Colonial British America
History of Cartography
Historical Geography
Slavery and Plantation Societies
Digital Humanities


Ph.D., Johns Hopkins University (1999)

M.A., Johns Hopkins University (1997)

M.Litt., University of Oxford (1994)

B.A., Cornell University (1992)

Deep Springs College, Class of 1988


S. Max Edelson studies the history of British America and the Atlantic world. His research examines space, place, and culture in colonial North America and the Caribbean.  He is currently researching and writing Ogilby's New World: Geography and Colonization in Restoration America.  This book focuses on one of the most influential work of geography published in the second half of the seventeenth century: John Ogilby's America (London, 1671).  It examines how European geographic knowledge--in text, maps, and other images--circulated among England's ambitious colonial founders as they settled and developed Jamaica, Carolina, New York, and Pennsylvania.  

His first book, Plantation Enterprise in Colonial South Carolina (Harvard, 2006) examines the relationship between planters and environment in South Carolina as the key to understanding this repressive, prosperous society and its distinctive economic culture. It shows that although plantations often represent stasis in myths of the Old South, they were in fact dynamic instruments of empire. Plantation Enterprise was awarded the George C. Rogers Prize by the South Carolina Historical Society and the Theodore Saloutos Memorial Award by the Agricultural History Society.  Harvard University Press published a paperback edition of the book in 2011.

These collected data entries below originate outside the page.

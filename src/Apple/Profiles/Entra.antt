-- ===== src/Apple/Profiles/Entra.antt =====
-- build_psso_profile, and the payload for management of build_mdm_enrollment_profile. `p12_data` is the text
-- of the identity file that the server loads.
use mdm_saa_s.Common.{
  String, Bool, true, false, Option, none, some, List, [], ◌∷◌, ◌++◌, truthy, if◌then◌else◌,
}
use mdm_saa_s.Models.{Tenant}
use mdm_saa_s.Database.{Action, pure, new_uuid, ◌>>=◌}
use mdm_saa_s.Apple.Profiles.Values.{Value, text, number, flag, dict, Entries, dict_of, texts_of}
use mdm_saa_s.Apple.Profiles.Builder.{
  ◌<>◌, payload_head, build_profile_xml, psso_profile_identifier,
}

pub record PssoProfileOptions : Type 0 where
  pub auth_method : String
  pub enable_create_user_at_login : Bool
  pub registration_token : String
  pub admin_groups : Option (List String)

abbrev pub microsoft_sso_extension_id : String
microsoft_sso_extension_id = "com.microsoft.CompanyPortalMac.ssoextension"

abbrev pub microsoft_team_id : String
microsoft_team_id = "UBF8T346G9"

abbrev pub entra_sso_urls : List String
entra_sso_urls =
    "https://login.microsoftonline.com" ∷ "https://login.microsoft.com" ∷ "https://sts.windows.net"
    ∷ "https://graph.microsoft.com" ∷ "https://management.azure.com" ∷ []

abbrev pub entra_sso_hosts : List String
entra_sso_hosts =
    "login.microsoftonline.com" ∷ "login.microsoft.com" ∷ "sts.windows.net" ∷ "graph.microsoft.com"
    ∷ "management.azure.com" ∷ []

abbrev administrator_groups : Option (List String) → List (String × Value)
administrator_groups none = []
administrator_groups (some []) = []
administrator_groups (some (g ∷ gs)) = ("AdministratorGroups", texts_of (g ∷ gs)) ∷ []

unfoldable pub platform_sso : PssoProfileOptions → Entries
platform_sso options = dict_of (
    (("AuthenticationMethod", text options.auth_method)
      ∷ ("EnableCreateUserAtLogin", flag options.enable_create_user_at_login)
      ∷ ("EnableAuthorization", flag true)
      ∷ ("UseSharedDeviceKeys", flag true)
      ∷ (
        "TokenToUserMapping",
        dict
            (dict_of (("AccountName", text "preferred_username") ∷ ("FullName", text "name") ∷ [])),
      )
      ∷ [])
    ++ (if truthy options.registration_token
        then ("RegistrationToken", text options.registration_token) ∷ []
        else [])
    ++ administrator_groups options.admin_groups)

unfoldable pub build_psso_payload : Tenant → PssoProfileOptions → Action Entries
unfolding platform_sso
build_psso_payload tenant options = do
  uuid ← new_uuid
  pure (
      dict_of (
        payload_head "com.apple.extensiblesso" ("com.mdmsaas.psso." <> tenant.id) uuid
          "Platform Single Sign-On"
        ++ (
          "PayloadDescription",
          text ("Enables SSO with " <> tenant.name <> " Microsoft Entra ID"),
        )
          ∷ ("ExtensionIdentifier", text microsoft_sso_extension_id)
          ∷ ("TeamIdentifier", text microsoft_team_id)
          ∷ ("Type", text "Redirect")
          ∷ ("Hosts", texts_of entra_sso_hosts)
          ∷ ("URLs", texts_of entra_sso_urls)
          ∷ ("ScreenLockedBehavior", text "DoNotHandle")
          ∷ ("PlatformSSO", dict (platform_sso options))
          ∷ (
            "ExtensionData",
            dict (
                dict_of (
                  ("browser_sso_interaction_enabled", flag true)
                  ∷ ("disable_explicit_app_prompt", flag true)
                  ∷ ("AppPrefixAllowList", text "com.microsoft.,com.apple.")
                  ∷ [])),
          )
          ∷ []))

unfoldable pub build_psso_profile : Tenant → PssoProfileOptions → Action Entries
unfolding build_psso_payload build_profile_xml psso_profile_identifier
build_psso_profile tenant options = do
  payload ← build_psso_payload tenant options
  build_profile_xml (payload ∷ []) (tenant.name <> " — Platform SSO")
      "Enables macOS login with Microsoft Entra ID credentials" true
      (some (psso_profile_identifier tenant.id))

abbrev pub device_identity_uuid : String
device_identity_uuid = "3F3D1D3C-5A5B-4A4A-8A8A-1C1C1C1C1C1C"

unfoldable pub build_mdm_enrollment_profile :
    String → Tenant → String → String → String → Bool → Action Entries
unfolding build_profile_xml
build_mdm_enrollment_profile p12_data tenant server_url checkin_url push_topic sign_message = do
  let cert_payload = dict_of (
      payload_head "com.apple.security.pkcs12" ("com.mdmsaas.device.identity." <> tenant.id)
        device_identity_uuid "Device Identity Certificate"
      ++ ("PayloadContent", text p12_data) ∷ ("Password", text "mdmdev") ∷ [])
  uuid ← new_uuid
  build_profile_xml
      (cert_payload
        ∷ dict_of (
            payload_head "com.apple.mdm" ("com.mdmsaas.mdm." <> tenant.id) uuid "MDM Enrollment"
            ++ ("ServerURL", text server_url)
              ∷ ("CheckInURL", text checkin_url)
              ∷ ("Topic", text push_topic)
              ∷ ("IdentityCertificateUUID", text device_identity_uuid)
              ∷ ("SignMessage", flag sign_message)
              ∷ ("CheckOutWhenRemoved", flag true)
              ∷ ("AccessRights", number 8191)
              ∷ ("ServerCapabilities", texts_of ("com.apple.mdm.per-user-connections" ∷ []))
              ∷ [])
        ∷ [])
      (tenant.name <> " MDM Enrollment") "Enrolls this Mac in your organisation's MDM system" false
      none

His second book, The New Map of Empire: How Britain Imagined America Before Independence (Harvard, 2017), describes how Britain used maps and geographic knowledge to reform its American empire in the eighteenth century.  The book follows the surveyors who fanned out across frontier territories--from the frigid coasts of the Gulf of St. Lawrence to tropical islands in the southeastern Caribbean--to make distant spaces legible from London. The schemes of colonial development and control that these maps envsioned, Edelson argues, helped provoke the reisstance that led to the American Revolution. The New Map of Empire features a free companion website with a dynamic digital archive of more than 257 maps and charts discussed in the book. It was a finalist for the George Washington Book Prize in 2017 and received the John Lyman Book Award for U.S. Maritime History by the North American Society for Oceanic History.

Edelson and Research Professor Bill Ferster were awarded a National Endowment for the Humanities Digital Implementation Grant in 2012 to develop MapScholar at UVa's SHANTI (Sciences, Humanities, and Arts Network of Technological Initiatives).  MapScholar is a dynamic visualization tool for historic map collections.  It offers a free, open-source portal that gives scholars the ability to bring together high-resolution map images from a variety of sources, analyze them in rich geospatial contexts, and use them to illustrate new interpretations in the history of cartography.  Edelson received an American Council of Learned Societies Digital Innovation Fellowship in 2010 to begin this digital humanities research.

Edelson and Professor Christa Dierksheide direct the UVa Early American Seminar, an ongoing research seminar jointly sponsored by the Corcoran Department of History, the Jefferson Scholars Foundation, and the International Center for Jefferson Studies at Monticello.  The intellectual center of our dynamic graduate program in colonial, Revolutionary, and early national history, the EAS is a community of scholars that includes PhD students, faculty, and visiting researchers who meet regularly to share and critique works in progress.


Professor of History, University of Virginia (2018-)

Associate Professor of History, University of Virginia (2009-2018)

Associate Professor of History, University of Illinois (2007-2009)

Assistant Professor of History, University of Illinois (2001-2007)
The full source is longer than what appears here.